🤖 AI Summary
Medical imaging analysis faces challenges including data scarcity, high annotation costs, and privacy sensitivity. To address these, we propose the first latent-space diffusion framework for 3D CT synthesis, integrating a Foundation Volume Compression Network with a ControlNet-based conditional control mechanism—enabling flexible voxel resolution and high-fidelity generation up to 512×512×768. Our method is the first to achieve precise anatomical control via segmentation maps of 127 organ classes. By incorporating multi-scale anatomical priors, the synthesized CT volumes demonstrate superior anatomical consistency, textural realism, and downstream task performance (e.g., segmentation and registration) compared to state-of-the-art methods. The framework significantly enhances few-shot model training and facilitates privacy-preserving medical AI development.
📝 Abstract
Medical imaging analysis faces challenges such as data scarcity, high annotation costs, and privacy concerns. This paper introduces the Medical AI for Synthetic Imaging (MAISI), an innovative approach using the diffusion model to generate synthetic 3D computed tomography (CT) images to address those challenges. MAISI leverages the foundation volume compression network and the latent diffusion model to produce high-resolution CT images (up to a landmark volume dimension of 512 × 512 × 768) with flexible volume dimensions and voxel spacing.
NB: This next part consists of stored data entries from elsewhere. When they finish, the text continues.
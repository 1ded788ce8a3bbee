-- ===== src/Archive/Complete.antt =====
-- An extraction from an archive whose entries can be read is whole or does nothing.
use arguss.Base.{
  ℕ, ◌+◌, ◌≡◌, refl, arith, Bool, false, Option, none, some, List, [], ◌∷◌, map, ==_refl, le→leb,
  length, is_empty, All, if_both, Text, keep, Bool-cases, inl, inr, ◌⊎◌, ap, sym, subst, ◌∙◌,
}
use arguss.Base.Results.{ok, error, require, first_failure, Result-cases}
use arguss.Archive.{
  ZipInfo, ZipFile, FileEntry, ZipExtractionError, max_per_file_bytes, Extraction, also_written,
  data_checks, write_checked, write_file, write_files, validate_archive, write_validated,
  extract_entries, extract_workflows_zip,
}
use arguss.Archive.Admitted.{Accepted, infos_of, is_wanted}
use arguss.Archive.Safety.{validated}

-- `ZipFile.read` of a listed entry gives its bytes, as many as the entry announces.
abbrev pub Readable : (Text → Option Text) → ZipInfo → Type 0
Readable read info =
    (content : Text) × (read info.filename ≡ some content) × (length content ≡ info.file_size)

abbrev pub AllReadable : ZipFile → Type 0
AllReadable zf =
    (entries : List ZipInfo) → zf.infolist ≡ some entries → All (Readable zf.read) entries

abbrev pub written_infos : Extraction → List ZipInfo
written_infos o = infos_of (map (λ w. w.0) o.written)

abbrev pub Nothing : Extraction → Type 0
Nothing o = (e : ZipExtractionError) × (o.result ≡ error e) × (o.written ≡ [])

abbrev pub Everything : Option (List ZipInfo) → Extraction → Type 0
Everything listed o =
    (entries : List ZipInfo) × (listed ≡ some entries)
    × (written_infos o ≡ keep is_wanted entries)
    × (is_empty o.written ≡ false)
    × (o.result ≡ ok (length o.written))

All-keep :
    (P : ZipInfo → Type 0) (p : ZipInfo → Bool) (xs : List ZipInfo) → All P xs → All P (keep p xs)
All-keep P p [] h = tt
All-keep P p (x ∷ xs) h = elim (Bool-cases (p x)) [
  | inl y ↦ rw y (h.0, All-keep P p xs h.1)
  | inr n ↦ rw n (All-keep P p xs h.1)
]

module _ (resolve : Text → Text) (dest : Text) (read : Text → Option Text) where
  write_file-Written :
      (f : FileEntry) (later : Extraction)
      → Accepted resolve dest f
      → Readable read f.info
      → (content : Text) × (write_file f (read f.info.filename) later
          ≡ also_written f content later)
  unfolding write_file write_checked data_checks require first_failure
  write_file-Written f later a (content, h, l) =
      let checked : require (data_checks f content) content ≡ ok content = passes content l in
      (content, rw (h, write_file, checked) refl)
    where
      passes :
          (content : Text)
          → length content ≡ f.info.file_size
          → require (data_checks f content) content ≡ ok content
      passes content l =
          rw (l, ==_refl f.info.file_size, le→leb f.info.file_size max_per_file_bytes a.small) refl

  write_files-Written :
      (n : ℕ) (fs : List FileEntry)
      → All (Accepted resolve dest) fs
      → All (Readable read) (infos_of fs)
      → (map (λ w. w.0) (write_files read n fs).written ≡ fs)
        × ((write_files read n fs).result ≡ ok (length (write_files read n fs).written + n))
  unfolding write_files
  write_files-Written n [] a r = (refl, ap ok (omega arith))
  write_files-Written n (f ∷ fs) a r =
      let (e, ih) = write_files-Written (n + 1) fs a.1 r.1 in
      let (content, h) = write_file-Written f (write_files read (n + 1) fs) a.0 r.0 in
      rw h (ap (λ l. f ∷ l) e, ih ∙ ap ok (omega arith))

  -- All or nothing, for the entries that `infolist` gave.
  entries_whole :
      (o : Option (List ZipInfo))
      → ((entries : List ZipInfo) → o ≡ some entries → All (Readable read) entries)
      → Nothing (extract_entries resolve dest read o)
        ⊎ Everything o (extract_entries resolve dest read o)
  unfolding extract_entries write_validated
  entries_whole none r = inl (_, refl, refl)
  entries_whole (some entries) r = elim (Result-cases (validate_archive resolve dest entries)) [
    | inl (e, h) ↦ inl (subst (λ x. Nothing (write_validated read x)) (sym h) (e, refl, refl))
    | inr (files, h) ↦
        let (few, em, infos, a, t, d) = validated resolve dest entries files h in
        let readable : All (Readable read) (infos_of files) =
          subst (All (Readable read)) (sym infos)
            (All-keep (Readable read) is_wanted entries (r entries refl)) in
        let (e, n) = write_files-Written 0 files a readable in
        inr (
          subst (λ x. Everything (some entries) (write_validated read x)) (sym h)
            (
              entries,
              refl,
              ap infos_of e ∙ infos,
              some_written _ files e em,
              n ∙ ap ok (omega arith),
            ))
  ]
    where
      some_written :
          (ws : List (FileEntry × Text)) (files : List FileEntry)
          → map (λ w. w.0) ws ≡ files
          → is_empty files ≡ false
          → is_empty ws ≡ false
      some_written [] files e n = ap is_empty e ∙ n
      some_written (w ∷ ws) files e n = refl

-- Where `zipfile` reads each entry that it lists, with as many bytes as the entry announces, the
-- extraction either raises and has written nothing, or writes, in the order of the archive, the file of every
-- entry that is neither a directory nor metadata of macOS, at least one, and returns their number.
pub extract-whole :
    (resolve : Text → Text) (zipfile : Text → ZipFile) (zip_bytes dest_dir : Text)
    → AllReadable (zipfile zip_bytes)
    → Nothing (extract_workflows_zip resolve zipfile zip_bytes dest_dir)
      ⊎ Everything
          (zipfile zip_bytes).infolist
          (extract_workflows_zip resolve zipfile zip_bytes dest_dir)
unfolding extract_workflows_zip
extract-whole resolve zipfile zip_bytes dest_dir r =
    if_both Whole (is_empty zip_bytes) _ _ (inl (_, refl, refl)) (
      if_both Whole (zipfile zip_bytes).is_zipfile _ _
        (entries_whole resolve (resolve dest_dir) (zipfile zip_bytes).read
          (zipfile zip_bytes).infolist r)
        (inl (_, refl, refl)))
  where
    Whole : Extraction → Type 0
    Whole o = Nothing o ⊎ Everything (zipfile zip_bytes).infolist o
By incorporating ControlNet, MAISI can process organ segmentation, including 127 anatomical structures, as additional conditions and enables the generation of accurately annotated synthetic images that can be used for various downstream tasks. Our experiment results show that MAISI's capabilities in generating realistic, anatomically accurate images for diverse regions and conditions reveal its promising potential to mitigate challenges using synthetic data.